◆ **Stored data**
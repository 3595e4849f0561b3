-- ===== src/Node.antt =====
-- miniraft/net/server.h and server.cpp, TNode: the queue of messages to another server or to a client.
-- The coroutines DoDrain and DoConnect run until they wait, for a write or for the connection; what
-- ends the wait is a step of its own.
pub mod Order
pub mod Drained
use miniraft_cpp.Prelude.{ℕ, Bool, true, false, not, ◌&&◌, List, [], ◌∷◌, ◌++◌, if◌then◌else◌, ◌≡◌}
use miniraft_cpp.Messages.{Message}

-- TNode. `sending` is `tosend` of DoDrain from the message on that is being written; the two Booleans
-- `draining` and `connecting` say that the coroutines are there and not done. `written` is what has been
-- written to the socket.
pub record Node : Type 0 where
  pub has_address : Bool
  pub connected : Bool
  pub connecting : Bool
  pub draining : Bool
  pub messages : List Message
  pub sending : List Message
  pub written : List Message

-- A node for a server, which it connects to.
unfoldable pub outbound : Node
outbound = record {
  has_address = true;
  connected = false;
  connecting = false;
  draining = false;
  messages = [];
  sending = [];
  written = [];
}

-- A node for a connection that was accepted.
unfoldable pub accepted : Node
accepted = record outbound { has_address = false; connected = true }

-- TNode::Send
unfoldable pub send : Message → Node → Node
send m n = record n { messages = n.messages ++ m ∷ [] }

-- TNode::Connect, and DoConnect up to its wait for the socket.
unfoldable pub connect : Node → Node
connect n =
    if n.has_address && not n.connecting
    then record n { connected = false; connecting = true }
    else n

-- DoConnect after the socket is connected.
unfoldable pub finish_connect : Node → Node
finish_connect n = record n { connected = true; connecting = false }

-- The test of DoDrain's loop: the whole queue is taken, or the coroutine ends.
unfoldable pub take_queue : List Message → Node → Node
take_queue [] n = record n { draining = false; sending = [] }
take_queue (m ∷ ms) n = record n { draining = true; sending = m ∷ ms; messages = [] }

-- TNode::Drain, and DoDrain up to its first wait for a write.
unfoldable pub drain : Node → Node
drain n = if n.connected then (if n.draining then n else take_queue n.messages n) else connect n

-- DoDrain after a write: the next message of `tosend`, or the loop's test again.
unfoldable pub next_message : List Message → Node → Node
next_message [] n = take_queue n.messages n
next_message (m ∷ ms) n = record n { sending = m ∷ ms }

unfoldable pub finish_write : List Message → Node → Node
finish_write [] n = n
finish_write (m ∷ ms) n = next_message ms (record n { written = n.written ++ m ∷ [] })

-- DoDrain after a write that fails: `tosend` is dropped, and the node connects again.
unfoldable pub fail_write : Node → Node
fail_write n = connect (record n { draining = false; sending = [] })

-- One step of a node. A write ends, well or not, when there is one.
pub data Step : Node → Node → Type 0 where
  sends : {n : Node} → (m : Message) → Step n (send m n)
  drains : {n : Node} → Step n (drain n)
  connects : {n : Node} → n.connecting ≡ true → Step n (finish_connect n)
  writes : {n : Node} → n.draining ≡ true → Step n (finish_write n.sending n)
  fails : {n : Node} → n.draining ≡ true → Step n (fail_write n)

-- The messages that a step is asked to send.
unfoldable pub sent_by : {n k : Node} → Step n k → List Message
sent_by (sends m) = m ∷ []
sent_by drains = []
sent_by (connects h) = []
sent_by (writes h) = []
sent_by (fails h) = []

-- A run, with the messages that were sent in it.
pub data Run : Node → List Message → Node → Type 0 where
  start : {n : Node} → Run n [] n
  step :
      {n k l : Node} {ms : List Message} → Run n ms k → (s : Step k l) → Run n (ms ++ sent_by s) l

◆ **Goal of the exercise**
Go through the records above and retype each one exactly.

◆ **Completed task**
repository 3595e4849f0561b3
-- ===== src/Node.antt =====
-- miniraft/net/server.h and server.cpp, TNode: the queue of messages to another server or to a client.
-- The coroutines DoDrain and DoConnect run until they wait, for a write or for the connection; what
-- ends the wait is a step of its own.
pub mod Order
pub mod Drained
use miniraft_cpp.Prelude.{ℕ, Bool, true, false, not, ◌&&◌, List, [], ◌∷◌, ◌++◌, if◌then◌else◌, ◌≡◌}
use miniraft_cpp.Messages.{Message}

-- TNode. `sending` is `tosend` of DoDrain from the message on that is being written; the two Booleans
-- `draining` and `connecting` say that the coroutines are there and not done. `written` is what has been
-- written to the socket.
pub record Node : Type 0 where
  pub has_address : Bool
  pub connected : Bool
  pub connecting : Bool
  pub draining : Bool
  pub messages : List Message
  pub sending : List Message
  pub written : List Message

-- A node for a server, which it connects to.
unfoldable pub outbound : Node
outbound = record {
  has_address = true;
  connected = false;
  connecting = false;
  draining = false;
  messages = [];
  sending = [];
  written = [];
}

-- A node for a connection that was accepted.
unfoldable pub accepted : Node
accepted = record outbound { has_address = false; connected = true }

-- TNode::Send
unfoldable pub send : Message → Node → Node
send m n = record n { messages = n.messages ++ m ∷ [] }

-- TNode::Connect, and DoConnect up to its wait for the socket.
unfoldable pub connect : Node → Node
connect n =
    if n.has_address && not n.connecting
    then record n { connected = false; connecting = true }
    else n

-- DoConnect after the socket is connected.
unfoldable pub finish_connect : Node → Node
finish_connect n = record n { connected = true; connecting = false }

-- The test of DoDrain's loop: the whole queue is taken, or the coroutine ends.
unfoldable pub take_queue : List Message → Node → Node
take_queue [] n = record n { draining = false; sending = [] }
take_queue (m ∷ ms) n = record n { draining = true; sending = m ∷ ms; messages = [] }

-- TNode::Drain, and DoDrain up to its first wait for a write.
unfoldable pub drain : Node → Node
drain n = if n.connected then (if n.draining then n else take_queue n.messages n) else connect n

-- DoDrain after a write: the next message of `tosend`, or the loop's test again.
unfoldable pub next_message : List Message → Node → Node
next_message [] n = take_queue n.messages n
next_message (m ∷ ms) n = record n { sending = m ∷ ms }

unfoldable pub finish_write : List Message → Node → Node
finish_write [] n = n
finish_write (m ∷ ms) n = next_message ms (record n { written = n.written ++ m ∷ [] })

-- DoDrain after a write that fails: `tosend` is dropped, and the node connects again.
unfoldable pub fail_write : Node → Node
fail_write n = connect (record n { draining = false; sending = [] })

-- One step of a node. A write ends, well or not, when there is one.
pub data Step : Node → Node → Type 0 where
  sends : {n : Node} → (m : Message) → Step n (send m n)
  drains : {n : Node} → Step n (drain n)
  connects : {n : Node} → n.connecting ≡ true → Step n (finish_connect n)
  writes : {n : Node} → n.draining ≡ true → Step n (finish_write n.sending n)
  fails : {n : Node} → n.draining ≡ true → Step n (fail_write n)

-- The messages that a step is asked to send.
unfoldable pub sent_by : {n k : Node} → Step n k → List Message
sent_by (sends m) = m ∷ []
sent_by drains = []
sent_by (connects h) = []
sent_by (writes h) = []
sent_by (fails h) = []

-- A run, with the messages that were sent in it.
pub data Run : Node → List Message → Node → Type 0 where
  start : {n : Node} → Run n [] n
  step :
      {n k l : Node} {ms : List Message} → Run n ms k → (s : Step k l) → Run n (ms ++ sent_by s) l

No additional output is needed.